Copy verbatim the material from its first line to the line that holds "abbrev blank : Command", including that line.
------------------------------
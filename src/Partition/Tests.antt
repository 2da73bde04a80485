-- ===== src/Partition/Tests.antt =====
-- internal/state/partition.go: the theorems, applied to a partition with one job.
use cue.Base.{
  ◌++◌, List, ◌≡◌, ◌⊎◌, refl, inl, [], ◌∷◌, none, some, true, false, arith, done, panics, ◌>>=◌,
  is_some, map_option,
}
use cue.Base.Int.{pos}
use cue.Base.Key.{string_key}
use cue.Model.{JobFailure, Command, success}
use cue.Queue.{JobRef, new_process_queue}
use cue.Queue.Shape.{new_process_queue-IsValid}
use cue.Store.{JobStore, new_job_store, append_slot, get, get_by_id}
use cue.Store.Invariant.{new_job_store-IsValid}
use cue.Store.Release.{finished}
use cue.Store.Example.{mail, no_mail, one_mail, one_mail-IsValid, named}
use cue.Proxies.{new_proxy_map}
use cue.Dlq.{DeadLetter}
use cue.Partition.State.{PartitionConfig, Partition, Env}
use cue.Partition.Commands.{
  add_jobs_loop, add_job, stamped, handle_done, handle_drop, offer, flush_dlq,
}
use cue.Partition.Admission.{Outcome, add_job-cases}
use cue.Partition.Completion.{Swept, handle_done-Swept, handle_drop-Swept}
use cue.Partition.Dispatch.{Classified, classify, start}
use cue.Partition.Accounting.{Keeps, AllAccounted, add_jobs_loop-AllAccounted}
use cue.Partition.Classification.{Sorted, classify-Sorted}
use cue.Partition.Dangling.{handle_drop-flush_dlq}

abbrev config : PartitionConfig
config = record {
  active_queue_capacity = 4;
  max_retries = pos 3;
  max_backoff_sec = pos 9;
  dispatch_batch_size = pos 2;
  dlq_max_bytes = pos 100;
  dlq_max_age_ms = pos 100;
}

abbrev env : Env
env = record {
  now_sec = pos 1;
  now_milli = pos 1000;
  status = 71;
  free = λ ch. 4;
  accepts = λ ch. true;
}

abbrev letter : DeadLetter
letter = record {
  ref = record { index = pos 0; retry_count = pos 3; cell = pos 0; due_time_sec = pos 9 };
  size = pos 1;
}

abbrev with_store : JobStore → Partition
with_store js = record {
  topic = "t";
  config = config;
  job_store = js;
  process_queue = new_process_queue 4;
  proxy_map = new_proxy_map;
  dlq_buffer = record {
    jobs = letter ∷ [];
    bytes = pos 1;
    last_flush = pos 0;
    max_bytes = pos 8;
    max_age_ms = pos 8;
  };
  proxy_push_chs = [];
}

abbrev blank : Command
blank = record { kind = 0; add_jobs = none; done_jobs = none; drop_jobs = none; resp_info = none }

abbrev finishing : Command
finishing = record blank {
  kind = 5;
  done_jobs = some record { topic = "t"; job_ids = "mail" ∷ [] };
}

abbrev dropping : Command
dropping = record blank { kind = 6; drop_jobs = some record { topic = "t"; job_ids = "mail" ∷ [] } }

add_job-cases_example :
    ((add_job env (with_store no_mail) mail ≡ done (with_store no_mail, []))
      × ((mail.is_done ≡ true) ⊎ (is_some (get_by_id no_mail mail.id) ≡ true)))
    ⊎ ((mail.is_done ≡ false)
        × (get_by_id no_mail mail.id ≡ none)
        × Outcome env
            (with_store no_mail)
            (stamped env mail)
            mail.id
            (add_job env (with_store no_mail) mail))
unfolding new_job_store
add_job-cases_example =
    add_job-cases env (with_store no_mail) mail
      (record { store = new_job_store-IsValid 4; queue = new_process_queue-IsValid 4 }) named
      (omega arith)

handle_done-Swept_example :
    (js' : JobStore) × (handle_done (with_store one_mail) finishing
      ≡ done (record (with_store one_mail) { job_store = js' }, offer finishing success "" []))
    × Swept one_mail ("mail" ∷ []) (map_option finished) js'
handle_done-Swept_example =
    handle_done-Swept (with_store one_mail) finishing
      (record { topic = "t"; job_ids = "mail" ∷ [] }) one_mail-IsValid refl

handle_drop-Swept_example :
    (js' : JobStore) × (handle_drop (with_store one_mail) dropping
      ≡ done (record (with_store one_mail) { job_store = js' }, offer dropping success "" []))
    × Swept one_mail ("mail" ∷ []) (λ o. none) js'
handle_drop-Swept_example =
    handle_drop-Swept (with_store one_mail) dropping (record { topic = "t"; job_ids = "mail" ∷ [] })
      one_mail-IsValid refl

handle_drop-flush_dlq_example :
    (handle_drop (with_store one_mail) dropping >>= λ (p', response). flush_dlq env p') ≡ panics
unfolding append_slot new_job_store get
handle_drop-flush_dlq_example =
    handle_drop-flush_dlq env (with_store one_mail) dropping
      (record { topic = "t"; job_ids = "mail" ∷ [] }) 0 mail one_mail-IsValid refl refl refl
      (inl refl)

-- Two references to the job of the store, the second without retries left.
abbrev batch : List JobRef
batch =
    record { index = pos 0; retry_count = pos 0; cell = pos 0; due_time_sec = pos 1 }
    ∷ record { index = pos 0; retry_count = pos 3; cell = pos 1; due_time_sec = pos 1 }
    ∷ []

classify-Sorted_example :
    (c' : Classified) × (classify env config batch (start (with_store one_mail)) ≡ done c')
    × Sorted config batch (start (with_store one_mail)) c'
classify-Sorted_example = classify-Sorted env config batch (start (with_store one_mail))

add_jobs_loop-AllAccounted_example :
    (p' : Partition) × (more : List JobFailure) × (add_jobs_loop env
        (with_store no_mail)
        (mail ∷ [])
        []
      ≡ done (p', [] ++ more))
    × Keeps (with_store no_mail) p' 1
    × AllAccounted p' more (mail ∷ [])
unfolding new_job_store
add_jobs_loop-AllAccounted_example =
    add_jobs_loop-AllAccounted env (with_store no_mail) (mail ∷ []) []
      (record { store = new_job_store-IsValid 4; queue = new_process_queue-IsValid 4 }) (named, tt)
      (omega arith)
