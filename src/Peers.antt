-- ===== src/Peers.antt =====
-- internal/model/model.go: the identities and peers of a cluster, their checks, and the stores of the
-- members and the peers. The functions of `strings` and `net` on texts are the interface `Texts`; an
-- error is a constructor in place of its text. A copy of a slice or a map is the value itself.
use mathlib.Core.Logic.{◌⊎◌, inl, inr}
use cue.Base.{ℕ, ◌≡◌, refl, Bool, true, List, Option, none, some, String, if◌then◌else◌, ltb}
use cue.Base.Key.{string_key, ◌=?◌}
use cue.Base.Dict.{Dict, lookup}
use cue.Codec.{IdentityKind, dns, ip, spiffe, unknown_kind, TlsIdentity, PeerInfo}

-- `len`, `strings.TrimSpace`, `strings.ToLower`, `strings.HasPrefix`, and whether `net.ParseIP` finds an
-- address
pub record Texts : Type 0 where
  pub size : String → ℕ
  pub trim : String → String
  pub lower : String → String
  pub has_prefix : String → String → Bool
  pub is_ip : String → Bool

-- `identityKindStrings`; the text of another number is left out
unfoldable pub kind_text : IdentityKind → String
kind_text dns = "dns"
kind_text ip = "ip"
kind_text spiffe = "spiffe"
kind_text unknown_kind = "unknown"

-- `UnmarshalText`
unfoldable pub unmarshal_text : Texts → String → Option IdentityKind
unmarshal_text t text =
    let s = t.lower (t.trim text) in
    if s =? "dns"
    then some dns
    else if s =? "ip"
    then some ip
    else if s =? "spiffe"
    then some spiffe
    else none

pub data PeerError : Type 0 where
  identity_value_missing identity_kind_unknown dns_name_too_long identity_not_ip : PeerError
  spiffe_prefix_missing node_id_missing node_id_too_long host_not_ip : PeerError

-- The kind-specific checks of an identity.
unfoldable pub check_kind : Texts → IdentityKind → String → Option PeerError
check_kind t dns value = if ltb 253 (t.size value) then some dns_name_too_long else none
check_kind t ip value = if t.is_ip value then none else some identity_not_ip
check_kind t spiffe value =
    if t.has_prefix (t.lower value) "spiffe://" then none else some spiffe_prefix_missing
check_kind t unknown_kind value = some identity_kind_unknown

-- `TLSIdentity.Validate`
unfoldable pub validate_identity : Texts → TlsIdentity → Option PeerError
unfolding check_kind
validate_identity t i =
    if t.trim i.value =? "" then some identity_value_missing else check_kind t i.kind i.value

-- `PeerInfo.Validate`; the host may be left out
unfoldable pub validate_peer : Texts → PeerInfo → Option PeerError
unfolding validate_identity
validate_peer t p =
    if t.trim p.node_id =? ""
    then some node_id_missing
    else if ltb 64 (t.size p.node_id)
    then some node_id_too_long
    else if (if t.trim p.host =? "" then true else t.is_ip p.host)
    then validate_identity t p.identity
    else some host_not_ip

pub record Members : Type 0 where
  pub voters : List String
  pub learners : List String

-- `Members.Get` and `Members.Update`
unfoldable pub get_members : Members → List String × List String
get_members m = (m.voters, m.learners)

unfoldable pub update_members : Members → List String → List String → Members
update_members m voters learners = record { voters = voters; learners = learners }

pub record PeerStore : Type 0 where
  pub peers : Dict String PeerInfo

-- `PeerStore.Get`, `Lookup` and `Set`
unfoldable pub get_peers : PeerStore → Dict String PeerInfo
get_peers s = s.peers

unfoldable pub lookup_peer : PeerStore → String → Option PeerInfo
lookup_peer s node_id = lookup node_id s.peers

unfoldable pub set_peers : PeerStore → Dict String PeerInfo → PeerStore
set_peers s peers = record s { peers = peers }

-- Where trimming and lowering leave the text of a kind as it is, the text is read as that kind.
unmarshal_text-kind_text :
    (t : Texts) (k : IdentityKind)
    → (k ≡ dns) ⊎ ((k ≡ ip) ⊎ (k ≡ spiffe))
    → t.lower (t.trim (kind_text k)) ≡ kind_text k
    → unmarshal_text t (kind_text k) ≡ some k
unfolding kind_text unmarshal_text
unmarshal_text-kind_text t dns known h = rw h refl
unmarshal_text-kind_text t ip known h = rw h refl
unmarshal_text-kind_text t spiffe known h = rw h refl
unmarshal_text-kind_text t unknown_kind (inl e) h = absurd cc
unmarshal_text-kind_text t unknown_kind (inr (inl e)) h = absurd cc
unmarshal_text-kind_text t unknown_kind (inr (inr e)) h = absurd cc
------------------------------
• **THE COMPLETED TASK**
filename src/Partition/Tests.antt
repository 2da73bde04a80485
-- ===== src/Partition/Tests.antt =====
-- internal/state/partition.go: the theorems, applied to a partition with one job.
use cue.Base.{
  ◌++◌, List, ◌≡◌, ◌⊎◌, refl, inl, [], ◌∷◌, none, some, true, false, arith, done, panics, ◌>>=◌,
  is_some, map_option,
}
use cue.Base.Int.{pos}
use cue.Base.Key.{string_key}
use cue.Model.{JobFailure, Command, success}
use cue.Queue.{JobRef, new_process_queue}
use cue.Queue.Shape.{new_process_queue-IsValid}
use cue.Store.{JobStore, new_job_store, append_slot, get, get_by_id}
use cue.Store.Invariant.{new_job_store-IsValid}
use cue.Store.Release.{finished}
use cue.Store.Example.{mail, no_mail, one_mail, one_mail-IsValid, named}
use cue.Proxies.{new_proxy_map}
use cue.Dlq.{DeadLetter}
use cue.Partition.State.{PartitionConfig, Partition, Env}
use cue.Partition.Commands.{
  add_jobs_loop, add_job, stamped, handle_done, handle_drop, offer, flush_dlq,
}
use cue.Partition.Admission.{Outcome, add_job-cases}
use cue.Partition.Completion.{Swept, handle_done-Swept, handle_drop-Swept}
use cue.Partition.Dispatch.{Classified, classify, start}
use cue.Partition.Accounting.{Keeps, AllAccounted, add_jobs_loop-AllAccounted}
use cue.Partition.Classification.{Sorted, classify-Sorted}
use cue.Partition.Dangling.{handle_drop-flush_dlq}

abbrev config : PartitionConfig
config = record {
  active_queue_capacity = 4;
  max_retries = pos 3;
  max_backoff_sec = pos 9;
  dispatch_batch_size = pos 2;
  dlq_max_bytes = pos 100;
  dlq_max_age_ms = pos 100;
}

abbrev env : Env
env = record {
  now_sec = pos 1;
  now_milli = pos 1000;
  status = 71;
  free = λ ch. 4;
  accepts = λ ch. true;
}

abbrev letter : DeadLetter
letter = record {
  ref = record { index = pos 0; retry_count = pos 3; cell = pos 0; due_time_sec = pos 9 };
  size = pos 1;
}

abbrev with_store : JobStore → Partition
with_store js = record {
  topic = "t";
  config = config;
  job_store = js;
  process_queue = new_process_queue 4;
  proxy_map = new_proxy_map;
  dlq_buffer = record {
    jobs = letter ∷ [];
    bytes = pos 1;
    last_flush = pos 0;
    max_bytes = pos 8;
    max_age_ms = pos 8;
  };
  proxy_push_chs = [];
}

abbrev blank : Command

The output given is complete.